## [Problem to work on]
Copy each entry below exactly as it reads.

──────

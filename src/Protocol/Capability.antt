-- ===== src/Protocol/Capability.antt =====
-- `CapabilityMatrix` of bridge/deskhelm_protocol/model.py. The two sets of tokens are subsets of
-- fixed lists, so a field per token is such a set.
use deskhelm.Prelude.{ℕ, String, string_eq, Bool, List, [], ◌∷◌, all, contains}
use deskhelm.Json.{Json, array}
use deskhelm.Protocol.Fields.{
  Result, ok, violation, ◌>>=◌, ◌>>◌, require, get, get_or, object_field, int_field, bool_field,
  list_field, enum_field, check_all,
}

pub data PromptWhileBusy : Type 0 where
  steer queue reject : PromptWhileBusy

pub data ApprovalSupport : Type 0 where
  answerable notify_only none : ApprovalSupport

pub data ApprovalOverflow : Type 0 where
  decline native_ui : ApprovalOverflow

pub data InputSupport : Type 0 where
  answerable native_ui none : InputSupport

abbrev pub prompt_values : List (String × PromptWhileBusy)
prompt_values =
    ("steer", PromptWhileBusy.steer)
    ∷ ("queue", PromptWhileBusy.queue)
    ∷ ("reject", PromptWhileBusy.reject)
    ∷ []

abbrev pub approval_values : List (String × ApprovalSupport)
approval_values =
    ("answerable", ApprovalSupport.answerable)
    ∷ ("notify_only", ApprovalSupport.notify_only)
    ∷ ("none", ApprovalSupport.none)
    ∷ []

abbrev pub overflow_values : List (String × ApprovalOverflow)
overflow_values =
    ("decline", ApprovalOverflow.decline) ∷ ("native_ui", ApprovalOverflow.native_ui) ∷ []

abbrev pub input_values : List (String × InputSupport)
input_values =
    ("answerable", InputSupport.answerable)
    ∷ ("native_ui", InputSupport.native_ui)
    ∷ ("none", InputSupport.none)
    ∷ []

-- frozenset({"model", "effort"}) and frozenset({"models", "mcp", "skills"})
pub record ConfigureSet : Type 0 where
  pub model : Bool
  pub effort : Bool

pub record CatalogSet : Type 0 where
  pub models : Bool
  pub mcp : Bool
  pub skills : Bool

pub record CapabilityMatrix : Type 0 where
  pub version : ℕ
  pub prompt_while_busy : PromptWhileBusy
  pub interrupt : Bool
  pub approvals : ApprovalSupport
  pub approval_overflow : ApprovalOverflow
  pub user_input : InputSupport
  pub resume : Bool
  pub configure : ConfigureSet
  pub catalog : CatalogSet

token : Json → Result String
token (Json.str s) = ok s
token _ = violation

unfoldable pub token_set : Json → List String → Result (List String)
unfolding token check_all list_field all contains
token_set value allowed = do
  raw ← list_field value
  tokens ← check_all token raw
  require (all (contains allowed) tokens)
  ok tokens

unfoldable pub capabilities_from_dict : Json → Result CapabilityMatrix
unfolding token_set
capabilities_from_dict value = do
  o ← object_field value
  configure ← token_set (get_or o "configure" (array [])) ("model" ∷ "effort" ∷ [])
  catalog ← token_set (get_or o "catalog" (array [])) ("models" ∷ "mcp" ∷ "skills" ∷ [])
  version ← int_field (get o "version") 1
  prompt_while_busy ← enum_field prompt_values (get o "prompt_while_busy")
  interrupt ← bool_field (get o "interrupt")
  approvals ← enum_field approval_values (get o "approvals")
  approval_overflow ← enum_field overflow_values (get o "approval_overflow")
  user_input ← enum_field input_values (get o "user_input")
  resume ← bool_field (get o "resume")
  ok (record {
    version = version;
    prompt_while_busy = prompt_while_busy;
    interrupt = interrupt;
    approvals = approvals;
    approval_overflow = approval_overflow;
    user_input = user_input;
    resume = resume;
    configure = record { model = contains configure "model"; effort = contains configure "effort" };
    catalog = record {
      models = contains catalog "models";
      mcp = contains catalog "mcp";
      skills = contains catalog "skills";
    };
  })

──────

## [Result of this task]
filename src/Protocol/Capability.antt
-- ===== src/Protocol/Capability.antt =====
-- `CapabilityMatrix` of bridge/deskhelm_protocol/model.py. The two sets of tokens are subsets of
-- fixed lists, so a field per token is such a set.
use deskhelm.Prelude.{ℕ, String, string_eq, Bool, List, [], ◌∷◌, all, contains}
use deskhelm.Json.{Json, array}
use deskhelm.Protocol.Fields.{
  Result, ok, violation, ◌>>=◌, ◌>>◌, require, get, get_or, object_field, int_field, bool_field,
  list_field, enum_field, check_all,
}

pub data PromptWhileBusy : Type 0 where
  steer queue reject : PromptWhileBusy

pub data ApprovalSupport : Type 0 where
  answerable notify_only none : ApprovalSupport

pub data ApprovalOverflow : Type 0 where
  decline native_ui : ApprovalOverflow

pub data InputSupport : Type 0 where
  answerable native_ui none : InputSupport

abbrev pub prompt_values : List (String × PromptWhileBusy)
prompt_values =
    ("steer", PromptWhileBusy.steer)
    ∷ ("queue", PromptWhileBusy.queue)
    ∷ ("reject", PromptWhileBusy.reject)
    ∷ []

abbrev pub approval_values : List (String × ApprovalSupport)
approval_values =
    ("answerable", ApprovalSupport.answerable)
    ∷ ("notify_only", ApprovalSupport.notify_only)
    ∷ ("none", ApprovalSupport.none)
    ∷ []

abbrev pub overflow_values : List (String × ApprovalOverflow)
overflow_values =
    ("decline", ApprovalOverflow.decline) ∷ ("native_ui", ApprovalOverflow.native_ui) ∷ []

abbrev pub input_values : List (String × InputSupport)
input_values =
    ("answerable", InputSupport.answerable)
    ∷ ("native_ui", InputSupport.native_ui)
    ∷ ("none", InputSupport.none)
    ∷ []

-- frozenset({"model", "effort"}) and frozenset({"models", "mcp", "skills"})
pub record ConfigureSet : Type 0 where
  pub model : Bool
  pub effort : Bool

pub record CatalogSet : Type 0 where
  pub models : Bool
  pub mcp : Bool
  pub skills : Bool

pub record CapabilityMatrix : Type 0 where
  pub version : ℕ
  pub prompt_while_busy : PromptWhileBusy
  pub interrupt : Bool
  pub approvals : ApprovalSupport
  pub approval_overflow : ApprovalOverflow
  pub user_input : InputSupport
  pub resume : Bool
  pub configure : ConfigureSet
  pub catalog : CatalogSet

token : Json → Result String
token (Json.str s) = ok s
token _ = violation

unfoldable pub token_set : Json → List String → Result (List String)
unfolding token check_all list_field all contains
token_set value allowed = do
  raw ← list_field value
  tokens ← check_all token raw
  require (all (contains allowed) tokens)
  ok tokens

unfoldable pub capabilities_from_dict : Json → Result CapabilityMatrix
unfolding token_set
capabilities_from_dict value = do
  o ← object_field value
  configure ← token_set (get_or o "configure" (array [])) ("model" ∷ "effort" ∷ [])
  catalog ← token_set (get_or o "catalog" (array [])) ("models" ∷ "mcp" ∷ "skills" ∷ [])
  version ← int_field (get o "version") 1
  prompt_while_busy ← enum_field prompt_values (get o "prompt_while_busy")
  interrupt ← bool_field (get o "interrupt")
  approvals ← enum_field approval_values (get o "approvals")
  approval_overflow ← enum_field overflow_values (get o "approval_overflow")
  user_input ← enum_field input_values (get o "user_input")
  resume ← bool_field (get o "resume")
  ok (record {
    version = version;
    prompt_while_busy = prompt_while_busy;
    interrupt = interrupt;
    approvals = approvals;
    approval_overflow = approval_overflow;
    user_input = user_input;
    resume = resume;
    configure = record { model = contains configure "model"; effort = contains configure "effort" };
    catalog = record {
      models = contains catalog "models";
      mcp = contains catalog "mcp";
      skills = contains catalog "skills";
    };
  })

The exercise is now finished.